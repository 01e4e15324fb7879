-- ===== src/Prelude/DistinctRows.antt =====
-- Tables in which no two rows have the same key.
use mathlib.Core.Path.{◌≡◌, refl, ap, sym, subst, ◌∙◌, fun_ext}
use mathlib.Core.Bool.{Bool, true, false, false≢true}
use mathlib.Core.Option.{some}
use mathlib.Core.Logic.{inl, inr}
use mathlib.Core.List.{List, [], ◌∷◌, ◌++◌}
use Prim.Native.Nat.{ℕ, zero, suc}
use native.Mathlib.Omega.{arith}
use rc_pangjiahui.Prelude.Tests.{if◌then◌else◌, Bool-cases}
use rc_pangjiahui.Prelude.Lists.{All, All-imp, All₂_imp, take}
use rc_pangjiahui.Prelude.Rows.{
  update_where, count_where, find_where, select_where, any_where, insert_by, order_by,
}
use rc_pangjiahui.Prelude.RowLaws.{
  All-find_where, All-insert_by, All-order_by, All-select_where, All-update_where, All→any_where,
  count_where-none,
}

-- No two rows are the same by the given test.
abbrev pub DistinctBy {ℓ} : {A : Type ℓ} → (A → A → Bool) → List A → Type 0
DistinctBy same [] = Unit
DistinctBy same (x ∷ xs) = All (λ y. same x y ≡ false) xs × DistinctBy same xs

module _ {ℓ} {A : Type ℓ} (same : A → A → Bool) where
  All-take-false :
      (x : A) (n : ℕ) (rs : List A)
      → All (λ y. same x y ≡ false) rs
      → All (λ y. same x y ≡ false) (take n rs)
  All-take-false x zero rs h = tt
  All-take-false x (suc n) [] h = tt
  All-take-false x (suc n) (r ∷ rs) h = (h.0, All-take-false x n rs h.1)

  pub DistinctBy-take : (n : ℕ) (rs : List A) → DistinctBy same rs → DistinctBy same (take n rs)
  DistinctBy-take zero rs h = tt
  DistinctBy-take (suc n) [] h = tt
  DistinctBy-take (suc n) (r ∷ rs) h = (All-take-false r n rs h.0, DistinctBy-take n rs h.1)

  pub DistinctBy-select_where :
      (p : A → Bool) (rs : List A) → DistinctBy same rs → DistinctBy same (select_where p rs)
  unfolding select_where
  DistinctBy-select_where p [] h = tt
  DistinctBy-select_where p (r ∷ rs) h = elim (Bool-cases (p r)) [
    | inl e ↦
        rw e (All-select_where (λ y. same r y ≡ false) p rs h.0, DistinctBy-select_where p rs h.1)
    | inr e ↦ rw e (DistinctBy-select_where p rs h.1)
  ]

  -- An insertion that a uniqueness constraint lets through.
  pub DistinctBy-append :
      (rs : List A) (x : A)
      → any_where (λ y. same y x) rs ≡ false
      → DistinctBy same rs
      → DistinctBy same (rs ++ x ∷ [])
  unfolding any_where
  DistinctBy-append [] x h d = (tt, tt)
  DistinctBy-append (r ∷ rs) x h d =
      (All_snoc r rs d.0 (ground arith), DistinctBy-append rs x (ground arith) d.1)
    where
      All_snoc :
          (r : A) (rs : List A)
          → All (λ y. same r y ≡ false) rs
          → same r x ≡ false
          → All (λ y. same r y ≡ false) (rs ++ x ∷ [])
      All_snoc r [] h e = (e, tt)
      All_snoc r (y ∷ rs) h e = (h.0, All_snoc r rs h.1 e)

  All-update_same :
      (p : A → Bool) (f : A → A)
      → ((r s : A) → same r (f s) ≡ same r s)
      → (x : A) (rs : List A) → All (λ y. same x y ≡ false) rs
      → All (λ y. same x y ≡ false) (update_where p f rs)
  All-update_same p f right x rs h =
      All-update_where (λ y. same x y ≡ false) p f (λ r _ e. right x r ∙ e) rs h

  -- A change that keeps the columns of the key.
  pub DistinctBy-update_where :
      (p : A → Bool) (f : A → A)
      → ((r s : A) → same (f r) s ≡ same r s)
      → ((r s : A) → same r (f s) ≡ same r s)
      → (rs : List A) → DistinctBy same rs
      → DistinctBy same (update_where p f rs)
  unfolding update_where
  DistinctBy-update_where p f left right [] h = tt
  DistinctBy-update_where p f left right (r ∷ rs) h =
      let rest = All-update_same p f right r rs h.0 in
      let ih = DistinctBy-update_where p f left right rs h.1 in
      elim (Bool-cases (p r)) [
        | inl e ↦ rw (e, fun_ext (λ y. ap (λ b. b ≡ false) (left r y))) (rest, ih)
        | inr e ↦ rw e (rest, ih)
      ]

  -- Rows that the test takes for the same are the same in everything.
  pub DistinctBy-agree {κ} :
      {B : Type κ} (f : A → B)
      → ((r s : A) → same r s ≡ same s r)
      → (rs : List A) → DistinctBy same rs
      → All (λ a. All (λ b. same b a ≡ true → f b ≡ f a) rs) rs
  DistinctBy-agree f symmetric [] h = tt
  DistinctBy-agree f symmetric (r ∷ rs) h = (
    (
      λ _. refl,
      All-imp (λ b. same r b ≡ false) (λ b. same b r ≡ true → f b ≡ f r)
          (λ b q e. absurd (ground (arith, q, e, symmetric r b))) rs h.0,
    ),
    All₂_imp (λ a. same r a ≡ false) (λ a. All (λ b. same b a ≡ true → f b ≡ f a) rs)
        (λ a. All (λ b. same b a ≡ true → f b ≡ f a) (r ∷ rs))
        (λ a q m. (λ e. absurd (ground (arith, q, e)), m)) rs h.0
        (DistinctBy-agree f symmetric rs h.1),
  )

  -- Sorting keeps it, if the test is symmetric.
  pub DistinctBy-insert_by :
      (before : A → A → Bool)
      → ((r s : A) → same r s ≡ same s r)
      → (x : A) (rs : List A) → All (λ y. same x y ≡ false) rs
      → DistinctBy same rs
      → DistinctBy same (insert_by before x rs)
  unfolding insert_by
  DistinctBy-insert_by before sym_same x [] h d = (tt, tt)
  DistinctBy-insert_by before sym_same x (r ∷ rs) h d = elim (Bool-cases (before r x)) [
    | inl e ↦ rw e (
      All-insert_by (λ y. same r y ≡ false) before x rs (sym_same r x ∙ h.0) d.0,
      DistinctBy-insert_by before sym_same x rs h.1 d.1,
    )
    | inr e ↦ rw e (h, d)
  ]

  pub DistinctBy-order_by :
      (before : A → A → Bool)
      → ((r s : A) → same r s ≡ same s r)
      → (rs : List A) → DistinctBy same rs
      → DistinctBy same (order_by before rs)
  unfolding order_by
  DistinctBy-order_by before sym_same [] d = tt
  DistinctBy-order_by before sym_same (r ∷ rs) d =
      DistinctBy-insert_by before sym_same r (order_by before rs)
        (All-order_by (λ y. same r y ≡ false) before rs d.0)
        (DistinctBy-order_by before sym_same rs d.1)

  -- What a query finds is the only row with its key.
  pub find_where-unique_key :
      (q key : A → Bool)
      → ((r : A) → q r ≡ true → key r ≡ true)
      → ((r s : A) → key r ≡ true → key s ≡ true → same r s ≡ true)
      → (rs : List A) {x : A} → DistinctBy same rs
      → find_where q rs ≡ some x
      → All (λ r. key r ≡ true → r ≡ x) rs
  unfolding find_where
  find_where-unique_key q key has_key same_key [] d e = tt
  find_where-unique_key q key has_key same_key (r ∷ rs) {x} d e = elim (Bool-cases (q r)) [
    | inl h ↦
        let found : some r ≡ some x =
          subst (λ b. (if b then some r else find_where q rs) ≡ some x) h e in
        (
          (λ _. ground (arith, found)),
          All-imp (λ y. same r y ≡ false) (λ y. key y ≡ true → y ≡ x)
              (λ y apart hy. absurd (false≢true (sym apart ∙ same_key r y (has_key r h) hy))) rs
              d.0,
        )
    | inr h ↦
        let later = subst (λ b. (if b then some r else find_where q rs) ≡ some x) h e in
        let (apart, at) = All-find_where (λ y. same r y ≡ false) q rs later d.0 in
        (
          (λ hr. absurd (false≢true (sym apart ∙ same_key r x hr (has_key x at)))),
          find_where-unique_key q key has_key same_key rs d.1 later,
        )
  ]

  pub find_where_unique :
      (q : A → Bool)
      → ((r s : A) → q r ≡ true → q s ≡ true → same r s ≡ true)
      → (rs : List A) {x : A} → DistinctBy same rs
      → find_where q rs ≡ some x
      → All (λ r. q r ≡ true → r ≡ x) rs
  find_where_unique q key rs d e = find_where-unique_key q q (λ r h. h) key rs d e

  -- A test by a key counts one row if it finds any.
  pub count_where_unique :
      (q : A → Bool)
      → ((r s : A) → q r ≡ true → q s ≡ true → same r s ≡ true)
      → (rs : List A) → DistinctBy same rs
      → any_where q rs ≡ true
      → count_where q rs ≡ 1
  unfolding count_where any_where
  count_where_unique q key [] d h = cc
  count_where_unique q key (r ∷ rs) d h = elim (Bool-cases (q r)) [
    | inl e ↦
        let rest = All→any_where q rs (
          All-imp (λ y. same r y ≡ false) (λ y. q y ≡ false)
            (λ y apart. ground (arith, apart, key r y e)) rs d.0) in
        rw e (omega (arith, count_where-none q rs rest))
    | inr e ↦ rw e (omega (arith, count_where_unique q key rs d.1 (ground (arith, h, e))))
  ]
---
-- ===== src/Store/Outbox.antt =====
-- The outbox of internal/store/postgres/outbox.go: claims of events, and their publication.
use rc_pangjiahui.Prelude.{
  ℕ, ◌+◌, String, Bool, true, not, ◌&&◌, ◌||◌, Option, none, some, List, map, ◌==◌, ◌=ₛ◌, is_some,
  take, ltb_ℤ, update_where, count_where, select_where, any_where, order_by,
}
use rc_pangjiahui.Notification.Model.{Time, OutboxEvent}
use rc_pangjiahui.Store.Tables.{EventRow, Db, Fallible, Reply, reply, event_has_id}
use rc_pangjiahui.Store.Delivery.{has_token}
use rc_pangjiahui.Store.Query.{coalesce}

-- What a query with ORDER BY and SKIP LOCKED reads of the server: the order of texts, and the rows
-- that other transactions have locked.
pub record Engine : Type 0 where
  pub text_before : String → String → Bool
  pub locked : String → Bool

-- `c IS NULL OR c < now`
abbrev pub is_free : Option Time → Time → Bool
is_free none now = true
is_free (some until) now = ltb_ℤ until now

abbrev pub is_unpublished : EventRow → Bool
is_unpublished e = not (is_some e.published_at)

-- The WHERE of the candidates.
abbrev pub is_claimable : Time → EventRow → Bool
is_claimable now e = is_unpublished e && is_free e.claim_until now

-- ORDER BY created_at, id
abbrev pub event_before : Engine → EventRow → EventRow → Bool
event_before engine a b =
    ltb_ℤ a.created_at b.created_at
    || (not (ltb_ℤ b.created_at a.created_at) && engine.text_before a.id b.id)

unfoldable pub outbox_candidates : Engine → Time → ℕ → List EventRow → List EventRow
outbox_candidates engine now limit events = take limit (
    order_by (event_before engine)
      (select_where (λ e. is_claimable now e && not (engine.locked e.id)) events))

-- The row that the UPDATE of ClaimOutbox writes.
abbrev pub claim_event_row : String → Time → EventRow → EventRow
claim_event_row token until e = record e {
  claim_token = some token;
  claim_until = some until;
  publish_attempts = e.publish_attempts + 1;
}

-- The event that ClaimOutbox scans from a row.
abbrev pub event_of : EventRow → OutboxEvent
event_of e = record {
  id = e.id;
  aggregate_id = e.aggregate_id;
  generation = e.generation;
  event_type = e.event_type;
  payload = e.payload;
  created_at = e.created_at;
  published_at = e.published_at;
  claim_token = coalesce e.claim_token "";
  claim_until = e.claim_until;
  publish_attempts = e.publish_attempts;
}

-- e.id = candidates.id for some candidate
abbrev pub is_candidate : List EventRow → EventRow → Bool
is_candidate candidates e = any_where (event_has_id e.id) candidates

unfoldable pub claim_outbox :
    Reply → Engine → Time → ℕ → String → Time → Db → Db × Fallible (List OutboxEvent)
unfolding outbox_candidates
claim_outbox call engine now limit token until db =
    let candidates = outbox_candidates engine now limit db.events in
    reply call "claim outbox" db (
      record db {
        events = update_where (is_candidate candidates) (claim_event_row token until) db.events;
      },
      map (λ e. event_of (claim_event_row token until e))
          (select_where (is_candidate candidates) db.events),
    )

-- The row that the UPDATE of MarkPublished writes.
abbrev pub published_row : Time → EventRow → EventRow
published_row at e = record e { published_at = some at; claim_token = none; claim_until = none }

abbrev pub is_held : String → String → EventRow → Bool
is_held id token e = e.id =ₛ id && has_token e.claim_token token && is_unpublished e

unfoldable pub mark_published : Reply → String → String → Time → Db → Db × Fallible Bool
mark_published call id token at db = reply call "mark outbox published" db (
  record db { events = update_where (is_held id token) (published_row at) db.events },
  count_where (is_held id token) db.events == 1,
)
* * *
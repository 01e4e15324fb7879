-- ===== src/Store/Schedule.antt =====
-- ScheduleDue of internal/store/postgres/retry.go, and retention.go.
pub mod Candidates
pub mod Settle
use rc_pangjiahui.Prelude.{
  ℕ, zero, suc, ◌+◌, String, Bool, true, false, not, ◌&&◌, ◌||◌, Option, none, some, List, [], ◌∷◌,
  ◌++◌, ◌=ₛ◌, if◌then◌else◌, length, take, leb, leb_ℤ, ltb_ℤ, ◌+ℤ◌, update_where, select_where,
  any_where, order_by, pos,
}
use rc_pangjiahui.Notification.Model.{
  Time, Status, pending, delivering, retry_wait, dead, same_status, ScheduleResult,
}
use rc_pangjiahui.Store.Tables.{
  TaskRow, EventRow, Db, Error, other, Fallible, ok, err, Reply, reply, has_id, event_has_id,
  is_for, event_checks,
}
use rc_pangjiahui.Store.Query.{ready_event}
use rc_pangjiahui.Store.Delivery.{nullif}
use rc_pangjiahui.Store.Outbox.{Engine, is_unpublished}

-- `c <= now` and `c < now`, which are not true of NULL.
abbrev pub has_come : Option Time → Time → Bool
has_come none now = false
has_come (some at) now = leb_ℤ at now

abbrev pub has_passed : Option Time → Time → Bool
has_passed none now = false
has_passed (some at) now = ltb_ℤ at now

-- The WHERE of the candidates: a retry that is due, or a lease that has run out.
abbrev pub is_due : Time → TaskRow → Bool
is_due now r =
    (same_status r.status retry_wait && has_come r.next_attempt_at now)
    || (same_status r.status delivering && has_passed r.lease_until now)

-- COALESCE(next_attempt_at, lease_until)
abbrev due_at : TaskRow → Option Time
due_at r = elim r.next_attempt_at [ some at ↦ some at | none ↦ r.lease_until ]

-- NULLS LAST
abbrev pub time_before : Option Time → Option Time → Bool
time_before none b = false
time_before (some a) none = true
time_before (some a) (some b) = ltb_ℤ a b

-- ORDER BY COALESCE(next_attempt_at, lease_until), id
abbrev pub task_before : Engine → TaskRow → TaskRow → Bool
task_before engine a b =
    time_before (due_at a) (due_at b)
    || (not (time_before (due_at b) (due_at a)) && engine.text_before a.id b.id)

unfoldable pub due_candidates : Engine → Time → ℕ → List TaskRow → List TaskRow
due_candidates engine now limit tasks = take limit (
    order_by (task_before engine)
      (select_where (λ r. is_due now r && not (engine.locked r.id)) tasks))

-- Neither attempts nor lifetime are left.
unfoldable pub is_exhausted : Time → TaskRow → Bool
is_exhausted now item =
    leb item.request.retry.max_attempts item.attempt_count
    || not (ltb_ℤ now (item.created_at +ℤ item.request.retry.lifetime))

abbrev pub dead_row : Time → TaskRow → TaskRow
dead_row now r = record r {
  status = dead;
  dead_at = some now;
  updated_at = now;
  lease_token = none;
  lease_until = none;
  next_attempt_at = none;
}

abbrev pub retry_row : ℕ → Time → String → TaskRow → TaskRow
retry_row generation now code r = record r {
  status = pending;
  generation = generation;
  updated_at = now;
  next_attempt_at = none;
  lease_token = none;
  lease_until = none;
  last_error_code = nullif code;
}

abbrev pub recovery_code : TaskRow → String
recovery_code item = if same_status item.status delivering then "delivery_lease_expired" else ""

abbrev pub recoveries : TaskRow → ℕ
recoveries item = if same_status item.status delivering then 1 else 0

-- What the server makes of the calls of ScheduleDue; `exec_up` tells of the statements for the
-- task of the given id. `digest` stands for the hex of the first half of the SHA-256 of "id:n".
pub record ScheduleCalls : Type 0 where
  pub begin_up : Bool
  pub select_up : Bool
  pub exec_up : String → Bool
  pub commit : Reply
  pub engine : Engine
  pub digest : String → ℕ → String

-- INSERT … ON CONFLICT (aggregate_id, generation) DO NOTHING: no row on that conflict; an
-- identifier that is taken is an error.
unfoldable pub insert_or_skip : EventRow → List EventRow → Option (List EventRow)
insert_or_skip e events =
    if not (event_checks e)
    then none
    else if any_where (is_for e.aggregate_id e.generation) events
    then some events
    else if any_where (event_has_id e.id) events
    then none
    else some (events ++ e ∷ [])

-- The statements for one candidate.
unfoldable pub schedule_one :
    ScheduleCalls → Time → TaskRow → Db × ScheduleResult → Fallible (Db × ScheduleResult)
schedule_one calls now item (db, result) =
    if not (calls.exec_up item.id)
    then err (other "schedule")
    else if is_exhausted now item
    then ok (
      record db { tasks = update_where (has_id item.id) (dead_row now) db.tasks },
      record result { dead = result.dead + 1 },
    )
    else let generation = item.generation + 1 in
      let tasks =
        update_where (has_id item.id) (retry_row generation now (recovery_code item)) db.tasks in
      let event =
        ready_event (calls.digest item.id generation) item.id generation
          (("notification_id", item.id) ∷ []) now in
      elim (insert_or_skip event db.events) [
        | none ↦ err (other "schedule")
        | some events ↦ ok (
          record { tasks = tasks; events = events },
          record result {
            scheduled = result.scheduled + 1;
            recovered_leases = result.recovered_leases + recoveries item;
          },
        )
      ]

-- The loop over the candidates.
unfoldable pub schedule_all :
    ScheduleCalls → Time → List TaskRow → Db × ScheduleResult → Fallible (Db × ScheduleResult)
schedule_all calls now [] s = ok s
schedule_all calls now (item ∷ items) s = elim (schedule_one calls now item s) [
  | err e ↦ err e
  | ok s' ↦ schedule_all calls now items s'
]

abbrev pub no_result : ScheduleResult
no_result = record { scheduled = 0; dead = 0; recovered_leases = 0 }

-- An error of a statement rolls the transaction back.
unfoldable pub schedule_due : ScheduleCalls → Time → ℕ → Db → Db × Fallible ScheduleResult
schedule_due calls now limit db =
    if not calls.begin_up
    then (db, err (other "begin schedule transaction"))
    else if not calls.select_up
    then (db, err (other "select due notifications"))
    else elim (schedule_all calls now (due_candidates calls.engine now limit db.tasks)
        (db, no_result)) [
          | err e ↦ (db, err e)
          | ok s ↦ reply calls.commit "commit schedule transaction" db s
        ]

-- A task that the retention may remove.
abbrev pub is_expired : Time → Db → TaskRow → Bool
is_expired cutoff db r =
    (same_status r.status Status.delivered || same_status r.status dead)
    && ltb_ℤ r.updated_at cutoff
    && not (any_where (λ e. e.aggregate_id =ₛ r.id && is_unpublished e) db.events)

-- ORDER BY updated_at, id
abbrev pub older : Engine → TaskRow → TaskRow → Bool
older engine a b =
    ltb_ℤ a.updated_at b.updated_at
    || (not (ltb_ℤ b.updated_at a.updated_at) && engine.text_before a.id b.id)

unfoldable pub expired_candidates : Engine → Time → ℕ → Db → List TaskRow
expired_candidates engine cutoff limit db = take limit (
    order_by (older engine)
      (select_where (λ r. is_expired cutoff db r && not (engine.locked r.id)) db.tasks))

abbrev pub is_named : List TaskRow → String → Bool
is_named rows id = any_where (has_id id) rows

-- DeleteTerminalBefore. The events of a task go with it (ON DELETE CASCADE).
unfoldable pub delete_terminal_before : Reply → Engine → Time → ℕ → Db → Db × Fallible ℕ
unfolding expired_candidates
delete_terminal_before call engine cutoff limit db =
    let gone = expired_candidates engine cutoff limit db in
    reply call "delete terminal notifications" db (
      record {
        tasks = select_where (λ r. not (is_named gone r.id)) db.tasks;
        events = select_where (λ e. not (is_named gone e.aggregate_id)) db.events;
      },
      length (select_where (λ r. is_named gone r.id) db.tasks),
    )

Action item: Apply a filter for "commit" to the data above, then copy each line that matches.

Response to the exercise:
  pub commit : Reply
          | ok s ↦ reply calls.commit "commit schedule transaction" db s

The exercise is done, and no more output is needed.